Uh when uh the last gold mine closes down, the last prospector gets on the last dog sled out, and the last hoochie coochie dancer tucks the last dollar bill in the in the in her garter and smooths down her skirt and skidaddles out of there too.
That's what this is.
That's the scale, that's the scale of demographic decline that's gone on in Detroit.
And and you're not gonna and and we and and this is uh a time for an honest discussion about that.
That's that basically if you loot the future to bribe the present, uh, which is what uh public sector union policies do, supported by government, and they shouldn't be public sector unions, by the way.
Uh government workers are the last people who need a union.
Uh public if you loot the future to bribe the present, as Detroit has done, as Greece has done, as the United States is doing, eventually you run out of future.
Uh and that's what and that's what happened in Detroit.
So if you want to talk about that, we'll talk about that.

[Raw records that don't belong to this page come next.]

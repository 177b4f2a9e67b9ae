-- ===== src/CString/Token.antt =====
-- `strtok` of kernel/string.c. What it saves between two calls is a result and an argument here; the token is
-- the string from its start, which ends where the code has written a NUL.
use krnel.Base.{Option, none, some, Bool, true, false, [], ◌∷◌, ◌==◌, if◌then◌else◌, ℕ}
use krnel.CString.{Buffer, ◌>>=◌}

-- The search for a byte in the delimiters.
unfoldable pub is_delimiter : Buffer → ℕ → Option Bool
is_delimiter [] c = none
is_delimiter (d ∷ delim) c =
    let rest = is_delimiter delim c in
    if d == 0 then some false else if c == d then some true else rest

-- The first loop: leading delimiters are skipped.
unfoldable pub skip_delimiters : Buffer → Buffer → Option Buffer
unfolding is_delimiter
skip_delimiters [] delim = none
skip_delimiters (c ∷ s) delim =
    let rest = skip_delimiters s delim in
    let found = is_delimiter delim c in
    if c == 0
    then some (c ∷ s)
    else elim found [ none ↦ none | some f ↦ elim f [ true ↦ rest | false ↦ some (c ∷ s) ] ]

-- The second loop: the token, and what is saved, `none` for NULL.
unfoldable pub token_end : Buffer → Buffer → Option (Buffer × Option Buffer)
unfolding is_delimiter
token_end [] delim = none
token_end (c ∷ s) delim =
    let rest = token_end s delim in
    let found = is_delimiter delim c in
    if c == 0 then some (c ∷ s, none) else elim found [
      | none ↦ none
      | some f ↦ elim f [
        | true ↦ some (0 ∷ s, some s)
        | false ↦ elim rest [ none ↦ none | some r ↦ some (c ∷ r.0, r.1) ]
      ]
    ]

abbrev pub at_end : Buffer → Option Bool
at_end [] = none
at_end (c ∷ s) = some (c == 0)

-- `str` is the argument, or what was saved if that is NULL; the token, `none` for NULL, and what is saved.
abbrev pub strtok : Option Buffer → Buffer → Option (Option Buffer × Option Buffer)
strtok none delim = some (none, none)
strtok (some str) delim = ◌>>=◌ {B = Option Buffer × Option Buffer} (at_end str) (λ e.
    if e
    then some (none, none)
    else ◌>>=◌ {B = Option Buffer × Option Buffer} (skip_delimiters str delim) (λ start.
      ◌>>=◌ {B = Option Buffer × Option Buffer} (at_end start) (λ e'.
        if e'
        then some (none, none)
        else elim (token_end start delim) [ none ↦ none | some r ↦ some (some r.0, r.1) ])))
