-- ===== src/CString/Tests.antt =====
-- Runs of the functions of kernel/string.c, and instances of what is proved of them.
use krnel.Base.{false, ◌↔◌, ◌≡◌, refl, true, none, some, [], ◌∷◌, arith, length, get_or, replicate}
use krnel.Base.Int.{pos, negsuc}
use krnel.CString.{Buffer, text, strnlen, strlen, strncpy, strcat, memset, memcpy}
use krnel.CString.Case.{strcasecmp, starts, strstr, strstr_loop, memccpy, strlwr, strupr}
use krnel.CString.Token.{strtok, is_delimiter, skip_delimiters, token_end}
use krnel.CString.Compare.{strcmp, strncmp, memcmp, strrchr, memchr, strcmp-eq}
use krnel.CString.Copy.{strncpy_overruns, Copied, strncpy-Copied}
use krnel.CString.Move.{memmove, snapshot, memmove-snapshot}
use krnel.CString.Number.{strrev, atoi, itoa}
use krnel.CString.Number.RoundTrip.{atoi-itoa}
use krnel.CString.Format.{
  Arg, number, radix_loop, convert, convert_pointer, convert_string, convert_char, move, Mode, Move,
}

-- "abc", and eight bytes to write to.
abbrev abc : Buffer
abc = b'a' ∷ b'b' ∷ b'c' ∷ 0 ∷ []

abbrev room : Buffer
room = replicate 8 1

test_strnlen : strnlen abc 2 ≡ some 2
unfolding strnlen
test_strnlen = refl

test_strcat : strcat (b'x' ∷ 0 ∷ 1 ∷ 1 ∷ 1 ∷ []) abc ≡ some (b'x' ∷ abc)
unfolding strcat
test_strcat = refl

test_memset : memset abc (pos 7) 2 ≡ some (7 ∷ 7 ∷ b'c' ∷ 0 ∷ [])
unfolding memset
test_memset = refl

test_memcpy : memcpy room abc 2 ≡ some (b'a' ∷ b'b' ∷ replicate 6 1)
unfolding memcpy
test_memcpy = refl

test_memcpy_overruns : memcpy abc room 5 ≡ none
unfolding memcpy
test_memcpy_overruns = refl

test_strncmp : strncmp abc (b'a' ∷ b'b' ∷ b'd' ∷ 0 ∷ []) 3 ≡ some (negsuc 0)
unfolding strncmp
test_strncmp = refl

test_memcmp : memcmp abc abc 4 ≡ some (pos 0)
unfolding memcmp
test_memcmp = refl

test_strrchr : strrchr (b'a' ∷ abc) (pos b'a') ≡ some (some 1)
unfolding strrchr
test_strrchr = refl

test_memchr : memchr abc (pos b'c') 3 ≡ some (some 2)
unfolding memchr
test_memchr = refl

test_strrev : strrev abc ≡ some (b'c' ∷ b'b' ∷ b'a' ∷ 0 ∷ [])
unfolding strrev
test_strrev = refl

test_strcasecmp : strcasecmp abc (b'A' ∷ b'b' ∷ b'C' ∷ 0 ∷ []) ≡ some (pos 0)
unfolding strcasecmp
test_strcasecmp = refl

test_strstr : strstr abc (b'b' ∷ b'c' ∷ 0 ∷ []) ≡ some (some 1)
unfolding strstr strstr_loop starts
test_strstr = refl

test_memccpy : memccpy room abc (pos b'b') 8 ≡ some (b'a' ∷ b'b' ∷ replicate 6 1, some 2)
unfolding memccpy
test_memccpy = refl

test_strupr : strupr abc ≡ some (b'A' ∷ b'B' ∷ b'C' ∷ 0 ∷ [])
unfolding strupr
test_strupr = refl

test_strlwr : strlwr (b'A' ∷ abc) ≡ some (b'a' ∷ abc)
unfolding strlwr
test_strlwr = refl

-- ":ab:c" split at its colons.
test_strtok :
    strtok (some (b':' ∷ b'a' ∷ b'b' ∷ b':' ∷ b'c' ∷ 0 ∷ [])) (b':' ∷ 0 ∷ [])
    ≡ some (some (b'a' ∷ b'b' ∷ 0 ∷ b'c' ∷ 0 ∷ []), some (b'c' ∷ 0 ∷ []))
unfolding is_delimiter skip_delimiters token_end
test_strtok = refl

-- Reversing the empty string leaves its object.
test_strrev_empty : strrev (0 ∷ []) ≡ none
unfolding strrev
test_strrev_empty = refl

test_move : move Mode.percent b'-' ≡ Move.next (Mode.width false true 0)
unfolding move
test_move = refl

test_convert_string :
    convert b's' false true 5 (Arg.string (some abc) ∷ [])
    ≡ some (b'a' ∷ b'b' ∷ b'c' ∷ b' ' ∷ b' ' ∷ [], [])
unfolding convert convert_string strlen
test_convert_string = refl

test_convert_char : convert b'c' false false 0 (Arg.int (pos 321) ∷ []) ≡ some (b'A' ∷ [], [])
unfolding convert convert_char
test_convert_char = refl

test_convert_pointer :
    convert b'p' false false 0 (Arg.unsigned 0xAB ∷ [])
    ≡ some (b'0' ∷ b'x' ∷ b'0' ∷ b'0' ∷ b'0' ∷ b'0' ∷ b'0' ∷ b'0' ∷ b'a' ∷ b'b' ∷ [], [])
unfolding convert convert_pointer number radix_loop strrev strlen
test_convert_pointer = refl

strncpy_overruns_example : strncpy abc (b'x' ∷ 0 ∷ []) 4 ≡ none
strncpy_overruns_example = strncpy_overruns abc (b'x' ∷ 0 ∷ []) 4 refl (omega arith) refl

strncpy-Copied_example : (d : Buffer) × (strncpy room abc 2 ≡ some d) × Copied room abc 2 d
strncpy-Copied_example = strncpy-Copied room abc 2 refl (omega arith)

strcmp-eq_example : (strcmp abc abc ≡ some (pos 0)) ↔ (text abc ≡ text abc)
strcmp-eq_example = strcmp-eq abc abc refl refl

memmove-snapshot_example :
    (get_or (memmove abc 1 0 2) 2 0 ≡ snapshot abc 1 0 2 2)
    × (length (memmove abc 1 0 2) ≡ length abc)
memmove-snapshot_example = memmove-snapshot abc 1 0 2 2 (omega arith) (omega arith)

atoi-itoa_example : atoi (itoa (negsuc 41)) ≡ some (negsuc 41)
atoi-itoa_example = atoi-itoa (negsuc 41) (omega arith) (omega arith)

-- "<%4s>"
abbrev string_format : Buffer
string_format = b'<' ∷ b'%' ∷ b'4' ∷ b's' ∷ b'>' ∷ 0 ∷ []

There's other things going on.
John McCain was asked a fascinating question by a journalist from CNS News in Washington on Capitol Hill.
He was asked, Can I ask you a question about the Senate immigration bill?
Under the bill, how many passports can someone forge before it becomes a crime?
And Senator McCain replied, You're gonna have to ask our folks that I don't think that we stand for any forgeries.
Uh John McCain doesn't know what's in his own bill.
When he says you're gonna have to ask, quote, our folks, unquote, that this is what it's become in a republic of small government.
Our folks, McCain has folks who write the laws for him uh that that that uh that uh are approved of is in his name, uh, and he doesn't know what's in them.
There's a remarkable section in this bill, section fifteen forty-one of the amnesty bill, trafficking in passports.
It explains that a person can be charged for a crime if they forge three or more passports.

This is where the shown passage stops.